> _WORK TASK_
Go line by line through the data and copy those with the word "ExprError".

-------- MATERIAL FOR THIS TASK --------

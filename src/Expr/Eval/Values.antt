-- ===== src/Expr/Eval/Values.antt =====
-- The types of what the operations on values give: dbcli/src/synth/expr.rs.
use mathlib.Core.Option.{some-injective}
use hepta_dbcli.Prelude.{
  ℕ, Bool, true, false, List, [], ◌∷◌, ◌++◌, Option, none, some, if◌then◌else◌, ◌≡◌, sym, ap, ◌∙◌,
  if-cases,
}
use hepta_dbcli.Decimals.{DecimalOps}
use hepta_dbcli.Text.{Text, codes, text_eq}
use hepta_dbcli.Text.Laws.{text_eq_iff}
use hepta_dbcli.Report
use hepta_dbcli.Expr.{
  ExprError, Result, ok, ◌>>=◌, Returns, Returns->>=, Returns-weaken, ArithOp, CmpOp, FunctionSpec,
  known_functions, find_spec, Ty, branch_type,
}
use hepta_dbcli.Expr.Eval.{
  truth, eval_if, concat_value, concat_on, last_chars, first_chars, chars_from, eval_right,
  eval_left, eval_substr, length_arg, negate_value,
}
use hepta_dbcli.Expr.Operands.{
  ArithOps, Value, null, bool, number, str, ok_or, compare_values, from_json, cell, string_arg,
  number_or, checked_arith, arith_values, count_arg, bool_compare,
}

-- NULL is a value of every type but that of the predicates.
abbrev pub HasType : {N : Type 0} → Ty → Value N → Type 0
HasType Ty.unknown v = Unit
HasType Ty.number (number n) = Unit
HasType Ty.number null = Unit
HasType Ty.number _ = ⊥
HasType Ty.string (str t) = Unit
HasType Ty.string null = Unit
HasType Ty.string _ = ⊥
HasType Ty.bool (bool b) = Unit
HasType Ty.bool _ = ⊥

HasType-branch_type_left :
    {N : Type 0} (t u : Ty) (v : Value N) → HasType t v → HasType (branch_type t u) v
HasType-branch_type_left Ty.number Ty.number v h = h
HasType-branch_type_left Ty.string Ty.string v h = h
HasType-branch_type_left Ty.bool Ty.bool v h = h
HasType-branch_type_left _ _ v h = tt

HasType-branch_type_right :
    {N : Type 0} (t u : Ty) (v : Value N) → HasType u v → HasType (branch_type t u) v
HasType-branch_type_right Ty.number Ty.number v h = h
HasType-branch_type_right Ty.string Ty.string v h = h
HasType-branch_type_right Ty.bool Ty.bool v h = h
HasType-branch_type_right _ _ v h = tt

-- What is found at a name that is spelled out.
pub spec_at :
    (w name : Text) (known spec : FunctionSpec)
    → find_spec w known_functions ≡ some known
    → text_eq name w ≡ true
    → find_spec name known_functions ≡ some spec
    → spec ≡ known
spec_at w name known spec at e h =
    some-injective _ _
      (sym h ∙ ap (λ (n : Text). find_spec n known_functions) ((text_eq_iff name w).0 e) ∙ at)

module _ (ops : DecimalOps) where
  abbrev pub V : Type 0
  V = Value ops.Number

  abbrev pub Anything {ℓ} : {A : Type ℓ} → Result A → Type 0
  Anything = Returns (λ _. Unit {0})

  bool_compare-Bool :
      (op : CmpOp) (a b : Bool) → Returns (HasType {N = ops.Number} Ty.bool) (bool_compare op a b)
  bool_compare-Bool CmpOp.eq a b = tt
  bool_compare-Bool CmpOp.ne a b = tt
  bool_compare-Bool _ a b = tt

  pub compare_values-Bool :
      (op : CmpOp) (l r : V) → Returns (HasType Ty.bool) (compare_values ops op l r)
  unfolding compare_values
  compare_values-Bool op null r = tt
  compare_values-Bool op (number a) null = tt
  compare_values-Bool op (number a) (number b) = tt
  compare_values-Bool op (number a) (str b) = tt
  compare_values-Bool op (number a) (bool b) = tt
  compare_values-Bool op (str a) null = tt
  compare_values-Bool op (str a) (str b) = tt
  compare_values-Bool op (str a) (number b) = tt
  compare_values-Bool op (str a) (bool b) = tt
  compare_values-Bool op (bool a) null = tt
  compare_values-Bool op (bool a) (number b) = tt
  compare_values-Bool op (bool a) (str b) = tt
  compare_values-Bool op (bool a) (bool b) = bool_compare-Bool op a b

  number_or-Anything : (o : Option ops.Number) → Anything (number_or ops o)
  number_or-Anything none = tt
  number_or-Anything (some n) = tt

  pub cell-Anything : (o : Option Report.Value) → Anything (cell ops o)
  unfolding cell from_json
  cell-Anything none = tt
  cell-Anything (some Report.null) = tt
  cell-Anything (some (Report.boolean b)) = tt
  cell-Anything (some (Report.integer z)) = number_or-Anything _
  cell-Anything (some (Report.decimal t)) = number_or-Anything _
  cell-Anything (some (Report.string t)) = tt
  cell-Anything (some (Report.nested t)) = tt

  string_arg-Anything : (v : V) → Anything (string_arg ops v)
  unfolding string_arg
  string_arg-Anything (str t) = tt
  string_arg-Anything null = tt
  string_arg-Anything _ = tt

  truth-Anything : (v : V) → Anything (truth v)
  unfolding truth
  truth-Anything (bool b) = tt
  truth-Anything _ = tt

  checked-Number :
      (o : Option ops.Number) (e : ExprError)
      → Returns (HasType Ty.number) (ok_or o e >>= λ n. ok (number n))
  checked-Number none e = tt
  checked-Number (some n) e = tt

  module _ (sums : ArithOps ops) where
    checked_arith-Number :
        (op : ArithOp) (a b : ops.Number)
        → Returns (HasType Ty.number) (checked_arith ops sums op a b)
    unfolding checked_arith
    checked_arith-Number ArithOp.add a b = checked-Number _ _
    checked_arith-Number ArithOp.sub a b = checked-Number _ _
    checked_arith-Number ArithOp.mul a b = checked-Number _ _
    checked_arith-Number ArithOp.div a b = checked-Number _ _
    checked_arith-Number ArithOp.rem a b = checked-Number _ _

    pub arith_values-Number :
        (op : ArithOp) (l r : V) → Returns (HasType Ty.number) (arith_values ops sums op l r)
    unfolding arith_values
    arith_values-Number op null r = tt
    arith_values-Number op (number a) null = tt
    arith_values-Number op (number a) (number b) = checked_arith-Number op a b
    arith_values-Number op (number a) (str b) = tt
    arith_values-Number op (number a) (bool b) = tt
    arith_values-Number op (str a) null = tt
    arith_values-Number op (str a) _ = tt
    arith_values-Number op (bool a) null = tt
    arith_values-Number op (bool a) _ = tt

    pub negate_value-Number : (v : V) → Returns (HasType Ty.number) (negate_value ops sums v)
    unfolding negate_value
    negate_value-Number (number n) = tt
    negate_value-Number null = tt
    negate_value-Number _ = tt

    count_arg-Anything : (v : V) → Anything (count_arg ops sums v)
    unfolding count_arg
    count_arg-Anything (number n) =
        elim (sums.to_usize n)
          as (λ o. Anything (
            ok_or o
              (ExprError.type_mismatch (codes "string function count") (codes "negative number"))
            >>= λ k. ok (some k))) [ none ↦ tt | some k ↦ tt ]
    count_arg-Anything null = tt
    count_arg-Anything _ = tt

    -- The result list that `eval_call` is given, with what is known of each result.
    abbrev pub EachReturns : List (Result V) → Type 0
    EachReturns [] = Unit
    EachReturns (r ∷ rs) = Anything r × EachReturns rs

    concat_value-String :
        (more : Text → Result V)
        → ((t : Text) → Returns (HasType Ty.string) (more t))
        → (v : V) → Returns (HasType Ty.string) (concat_value more v)
    concat_value-String more h (str t) = h t
    concat_value-String more h null = tt
    concat_value-String more h _ = tt

    pub concat_on-String :
        (out : Text) (rs : List (Result V))
        → EachReturns rs
        → Returns (HasType Ty.string) (concat_on out rs)
    unfolding concat_on
    concat_on-String out [] h = tt
    concat_on-String out (r ∷ rs) h =
        Returns->>= (λ _. Unit {0}) _ r _ h.0
          λ v _ _. concat_value-String _ (λ t. concat_on-String (out ++ t) rs h.1) v

    last_chars-String :
        (t : Option Text) (n : Option ℕ) → HasType Ty.string (last_chars {N = ops.Number} t n)
    last_chars-String (some t) (some n) = tt
    last_chars-String _ _ = tt

    first_chars-String :
        (t : Option Text) (n : Option ℕ) → HasType Ty.string (first_chars {N = ops.Number} t n)
    first_chars-String (some t) (some n) = tt
    first_chars-String _ _ = tt

    chars_from-String :
        (t : Option Text) (s n : Option ℕ) → HasType Ty.string (chars_from {N = ops.Number} t s n)
    chars_from-String (some t) (some s) (some n) = tt
    chars_from-String _ _ _ = tt

    text_of : (a : Result V) → Anything a → Anything (a >>= string_arg ops)
    text_of a h = Returns->>= (λ _. Unit {0}) _ a _ h λ v _ _. string_arg-Anything v

    count_of : (a : Result V) → Anything a → Anything (a >>= count_arg ops sums)
    count_of a h = Returns->>= (λ _. Unit {0}) _ a _ h λ v _ _. count_arg-Anything v

    length_arg-Anything :
        (args : List (Result V)) → EachReturns args → Anything (length_arg ops sums args)
    unfolding length_arg
    length_arg-Anything (a ∷ b ∷ c ∷ rest) h = count_of c h.1.1.0
    length_arg-Anything [] h = tt
    length_arg-Anything (a ∷ []) h = tt
    length_arg-Anything (a ∷ b ∷ []) h = tt

    module _ (a b : Result V) (rs : List (Result V)) (h : EachReturns (a ∷ b ∷ rs)) where
      pub eval_right-String : Returns (HasType Ty.string) (eval_right ops sums (a ∷ b ∷ rs))
      unfolding eval_right
      eval_right-String =
          Returns->>= (λ _. Unit {0}) _ (a >>= string_arg ops) _ (text_of a h.0)
            λ t _ _.
              Returns->>= (λ _. Unit {0}) _ (b >>= count_arg ops sums) _ (count_of b h.1.0)
                λ n _ _. last_chars-String t n

      pub eval_left-String : Returns (HasType Ty.string) (eval_left ops sums (a ∷ b ∷ rs))
      unfolding eval_left
      eval_left-String =
          Returns->>= (λ _. Unit {0}) _ (a >>= string_arg ops) _ (text_of a h.0)
            λ t _ _.
              Returns->>= (λ _. Unit {0}) _ (b >>= count_arg ops sums) _ (count_of b h.1.0)
                λ n _ _. first_chars-String t n

      pub eval_substr-String : Returns (HasType Ty.string) (eval_substr ops sums (a ∷ b ∷ rs))
      unfolding eval_substr
      eval_substr-String =
          Returns->>= (λ _. Unit {0}) _ (a >>= string_arg ops) _ (text_of a h.0)
            λ t _ _.
              Returns->>= (λ _. Unit {0}) _ (b >>= count_arg ops sums) _ (count_of b h.1.0)
                λ s _ _.
                  Returns->>= (λ _. Unit {0}) _ (length_arg ops sums (a ∷ b ∷ rs)) _
                    (length_arg-Anything (a ∷ b ∷ rs) h) λ n _ _. chars_from-String t s n

    bool_of : (a : Result V) → Anything a → Anything (a >>= truth)
    bool_of a h = Returns->>= (λ _. Unit {0}) _ a _ h λ v _ _. truth-Anything v

    module _ (a b : Result V) (h : Anything a) (k : Anything b) where
      second-Bool : Returns (HasType {N = ops.Number} Ty.bool) (b >>= truth >>= λ y. ok (bool y))
      second-Bool = Returns->>= (λ _. Unit {0}) _ (b >>= truth) _ (bool_of b k) λ y _ _. tt

      pub and-Bool :
          Returns
            (HasType {N = ops.Number} Ty.bool)
            (a >>= truth >>= λ x. if x then (b >>= truth >>= λ y. ok (bool y)) else ok (bool false))
      and-Bool =
          Returns->>= (λ _. Unit {0}) _ (a >>= truth) _ (bool_of a h)
            λ x _ _.
              if-cases (Returns (HasType {N = ops.Number} Ty.bool)) x (λ _. second-Bool) (λ _. tt)

      pub or-Bool :
          Returns
            (HasType {N = ops.Number} Ty.bool)
            (a >>= truth >>= λ x. if x then ok (bool true) else (b >>= truth >>= λ y. ok (bool y)))
      or-Bool =
          Returns->>= (λ _. Unit {0}) _ (a >>= truth) _ (bool_of a h)
            λ x _ _.
              if-cases (Returns (HasType {N = ops.Number} Ty.bool)) x (λ _. tt) (λ _. second-Bool)

    pub eval_if-three :
        (t u : Ty) (c a b : Result V)
        → Anything c
        → Returns (HasType t) a
        → Returns (HasType u) b
        → Returns (HasType (branch_type t u)) (eval_if (c ∷ a ∷ b ∷ []))
    unfolding eval_if
    eval_if-three t u c a b h k l =
        Returns->>= (λ _. Unit {0}) _ (c >>= truth) _ (bool_of c h)
          λ w _ _.
            if-cases (Returns (HasType (branch_type t u))) w
              (λ _. Returns-weaken _ _ a (HasType-branch_type_left t u) k)
              (λ _. Returns-weaken _ _ b (HasType-branch_type_right t u) l)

--------

> _WRITTEN RESPONSE_
  ExprError, Result, ok, ◌>>=◌, Returns, Returns->>=, Returns-weaken, ArithOp, CmpOp, FunctionSpec,
      (o : Option ops.Number) (e : ExprError)
              (ExprError.type_mismatch (codes "string function count") (codes "negative number"))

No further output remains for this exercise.